---------- MATERIAL PROVIDED

-- ===== src/Server/Shutdown/Keeps.antt =====
-- Every step of a task of src/server.rs keeps what it owes, the lock, and the callbacks that close.
use pywire.Base.{
  ◌≡◌, refl, sym, subst, ap, ◌∙◌, Bool, true, false, ◌||◌, Option, none, some, List, [], ◌∷◌, arith,
  String, str_eq_iff, if◌then◌else◌, Result, All, is_some,
}
use pywire.HashMap.{lookup, remove, lookup-remove}
use pywire.Error.Classes.{PyErr}
use pywire.Query.Response.{Py}
use pywire.Extended.State.{BoundPortal, Call}
use pywire.Extended.Close.{bound_of}
use pywire.Extended.Invariant.{live_portal, live_statement}
use pywire.Server.Shutdown.{
  Pc, outside, finished, asking, parsing, binding, closing_portal, closing_statement, call_of,
  settle, describe_statement, describe_portal, do_query, do_query_text, open_session, Phase,
  serving, cleaning, over, Task, clean_up, Move, ask, parse, bind, close_portal, forget_portal,
  close_statement, answered, finish, disconnected, halt, cleaned, end, releases, spawned,
  instance_of,
}
use pywire.Server.Shutdown.Owed.{
  closes_portal, closes_statement, any_call, refused, owes_portal, owes_statement, PortalOwed,
  StatementOwed, AllCleanup, cleanup_calls-AllCleanup, clean_up-PortalOwed, clean_up-StatementOwed,
}
use pywire.Server.Shutdown.Tracked.{
  event, For, PortalsTracked, StatementsTracked, settle-PortalsTracked, settle-StatementsTracked,
}

-- The lock is held exactly in a close.
abbrev pub locks : Phase → Bool
locks (serving p) = releases p
locks (cleaning cs) = false
locks over = false

abbrev pub is_close : Call → Bool
is_close (Call.close_portal _ _) = true
is_close (Call.close_statement _ _) = true
is_close _ = false

abbrev pub cleanup_of : Phase → List Call
cleanup_of (serving p) = []
cleanup_of (cleaning cs) = cs
cleanup_of over = []

pub record TaskInv (t : Task) : Type 0 where
  pub lock : t.closing ≡ locks t.phase
  pub portals : PortalOwed t
  pub statements : StatementOwed t
  pub cleanup : AllCleanup (cleanup_of t.phase)
  -- no close has been cut off
  pub whole : All (λ c. is_close c ≡ false) t.abandoned

-- The owed things of a task that stays in `select!` with the same tables.
moved :
    (t : Task) (p q : Pc) (held : Bool)
    → t.phase ≡ serving p
    → held ≡ releases q
    → TaskInv t
    → TaskInv (record t { phase = serving q; closing = held })
moved t p q held e l inv = record {
  lock = l;
  portals = λ n live. ground (arith, e, inv.portals n live);
  statements = λ n live. ground (arith, e, inv.statements n live);
  cleanup = tt;
  whole = inv.whole;
}

free_outside : (t : Task) → t.phase ≡ serving outside → TaskInv t → t.closing ≡ false
free_outside t e inv = inv.lock ∙ ap locks e

call_is_no_close : (p : Pc) → releases p ≡ false → For (call_of p) (λ c. is_close c ≡ false)
call_is_no_close outside h = tt
call_is_no_close finished h = tt
call_is_no_close (asking (describe_statement i s)) h = refl
call_is_no_close (asking (describe_portal i s)) h = refl
call_is_no_close (asking (do_query i s m)) h = refl
call_is_no_close (asking (do_query_text i q)) h = refl
call_is_no_close (asking (open_session i)) h = refl
call_is_no_close (parsing i name query oids) h = refl
call_is_no_close (binding i name s v ps pf rf) h = refl
call_is_no_close (closing_portal i name) h = absurd (ground (arith, h))
call_is_no_close (closing_statement i name) h = absurd (ground (arith, h))

module _ (has_close : Py → Bool) where
  -- Into `cleanup`, with a callback dropped that is no close.
  pub clean_up-TaskInv :
      (t : Task) (p : Pc) (dropped : Option Call)
      → t.phase ≡ serving p
      → For dropped (λ c. is_close c ≡ false)
      → TaskInv t
      → TaskInv (clean_up has_close t dropped)
  unfolding clean_up
  clean_up-TaskInv t p dropped e d inv = record {
    lock = refl;
    portals = clean_up-PortalOwed has_close t p dropped e inv.portals;
    statements = clean_up-StatementOwed has_close t p dropped e inv.statements;
    cleanup = cleanup_calls-AllCleanup has_close t.tables;
    whole = added dropped d;
  }
    where
      added :
          (o : Option Call)
          → For o (λ c. is_close c ≡ false)
          → All (λ c. is_close c ≡ false) (elim o [ none ↦ t.abandoned | some c ↦ c ∷ t.abandoned ])
      added none d = inv.whole
      added (some c) d = (d, inv.whole)

  forgotten :
      (name : String) (t : Task)
      → t.phase ≡ serving outside
      → is_some (bound_of (lookup name t.tables.portals)) ≡ false
      → TaskInv t
      → TaskInv (record t { tables = record t.tables { portals = remove name t.tables.portals } })
  forgotten name t e h inv = record {
    lock = inv.lock;
    portals = λ n live.
        ground (
          arith,
          e,
          h,
          inv.portals n live,
          lookup-remove name n t.tables.portals,
          str_eq_iff name n,
        );
    statements = λ n live. ground (arith, e, inv.statements n live);
    cleanup = subst (λ x. AllCleanup (cleanup_of x)) (sym e) tt;
    whole = inv.whole;
  }

  answered-TaskInv :
      (t : Task) (p : Pc) (c : Call) (r : Result PyErr Py)
      → t.phase ≡ serving p
      → call_of p ≡ some c
      → TaskInv t
      → TaskInv (record t {
        tables = settle p r t.tables;
        closing = if releases p then false else t.closing;
        phase = serving outside;
        ended = event c r ∷ t.ended;
      })
  answered-TaskInv t p c r e g inv = record {
    lock = ground (arith, e, inv.lock);
    portals =
        subst (λ o. For o (λ c. PortalsTracked (settle p r t.tables) (event c r ∷ t.ended))) g
          (settle-PortalsTracked r t.tables t.ended p
            (λ n live. ground (arith, e, inv.portals n live)));
    statements =
        subst (λ o. For o (λ c. StatementsTracked (settle p r t.tables) (event c r ∷ t.ended))) g
          (settle-StatementsTracked r t.tables t.ended p
            (λ n live. ground (arith, e, inv.statements n live)));
    cleanup = tt;
    whole = inv.whole;
  }

  cleaned-TaskInv :
      (t : Task) (c : Call) (cs : List Call) (r : Result PyErr Py)
      → t.phase ≡ cleaning (c ∷ cs)
      → TaskInv t
      → TaskInv (record t { phase = cleaning cs; ended = event c r ∷ t.ended })
  unfolding live_portal live_statement refused any_call
  cleaned-TaskInv t c cs r e inv =
      let (is, others) = subst (λ x. AllCleanup (cleanup_of x)) e inv.cleanup in
      record {
        lock = ground (arith, e, inv.lock);
        portals = λ n live. ground (arith, e, is, inv.portals n);
        statements = λ n live. ground (arith, e, is, inv.statements n);
        cleanup = others;
        whole = inv.whole;
      }

  pub Move-TaskInv : {stop : Bool} (t u : Task) → TaskInv t → Move has_close stop t u → TaskInv u
  unfolding any_call
  Move-TaskInv t _ inv (ask q e) = moved t outside (asking q) t.closing e (free_outside t e inv) inv
  Move-TaskInv t _ inv (parse i name query oids e) =
      moved t outside (parsing i name query oids) t.closing e (free_outside t e inv) inv
  Move-TaskInv t _ inv (bind i name s v ps pf rf e) =
      moved t outside (binding i name s v ps pf rf) t.closing e (free_outside t e inv) inv
  Move-TaskInv t _ inv (close_portal i name e free entry) =
      moved t outside (closing_portal i name) true e refl inv
  Move-TaskInv t _ inv (forget_portal name e free entry) =
      forgotten name t e (no_instance (bound_of (lookup name t.tables.portals)) entry) inv
    where
      no_instance : (o : Option BoundPortal) → instance_of o ≡ none → is_some o ≡ false
      no_instance none h = refl
      no_instance (some b) h = absurd (ground (arith, h))
  Move-TaskInv t _ inv (close_statement i name e free) =
      moved t outside (closing_statement i name) true e refl inv
  Move-TaskInv t _ inv (answered p c r e g) = answered-TaskInv t p c r e g inv
  Move-TaskInv t _ inv (finish e) = moved t outside finished t.closing e (free_outside t e inv) inv
  Move-TaskInv t _ inv (disconnected e) = clean_up-TaskInv t finished none e tt inv
  Move-TaskInv t _ inv (halt p e s free) =
      clean_up-TaskInv t p (call_of p) e
        (call_is_no_close p (sym (ap locks e) ∙ sym inv.lock ∙ free)) inv
  Move-TaskInv t _ inv (cleaned c cs r e) = cleaned-TaskInv t c cs r e inv
  Move-TaskInv t _ inv (end e) = record {
    lock = ground (arith, e, inv.lock);
    portals = λ n live. closed_portal n (inv.portals n live);
    statements = λ n live. closed_statement n (inv.statements n live);
    cleanup = tt;
    whole = inv.whole;
  }
    where
      closed_portal :
          (n : String)
          → (owes_portal n t.tables t.phase || refused (closes_portal n) t.ended) ≡ true
          → refused (closes_portal n) t.ended ≡ true
      closed_portal n h = ground (arith, e, h)

      closed_statement :
          (n : String)
          → (owes_statement n t.tables t.phase || refused (closes_statement n) t.ended) ≡ true
          → refused (closes_statement n) t.ended ≡ true
      closed_statement n h = ground (arith, e, h)

pub spawned-TaskInv : TaskInv spawned
unfolding live_portal live_statement
spawned-TaskInv = record {
  lock = refl;
  portals = λ n live. absurd (ground (arith, live));
  statements = λ n live. absurd (ground (arith, live));
  cleanup = tt;
  whole = tt;
}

--------------------

- _TRY IT_:
Extract from the records above the lines from the one containing "portals = λ n live. closed_portal" to the one containing "closed_statement n h", both lines included, exactly as they appear and with nothing else.

- _RESPONSE TO THIS EXERCISE_:
    portals = λ n live. closed_portal n (inv.portals n live);
    statements = λ n live. closed_statement n (inv.statements n live);
    cleanup = tt;
    whole = inv.whole;
  }
    where
      closed_portal :
          (n : String)
          → (owes_portal n t.tables t.phase || refused (closes_portal n) t.ended) ≡ true
          → refused (closes_portal n) t.ended ≡ true
      closed_portal n h = ground (arith, e, h)

      closed_statement :
          (n : String)
          → (owes_statement n t.tables t.phase || refused (closes_statement n) t.ended) ≡ true
          → refused (closes_statement n) t.ended ≡ true
      closed_statement n h = ground (arith, e, h)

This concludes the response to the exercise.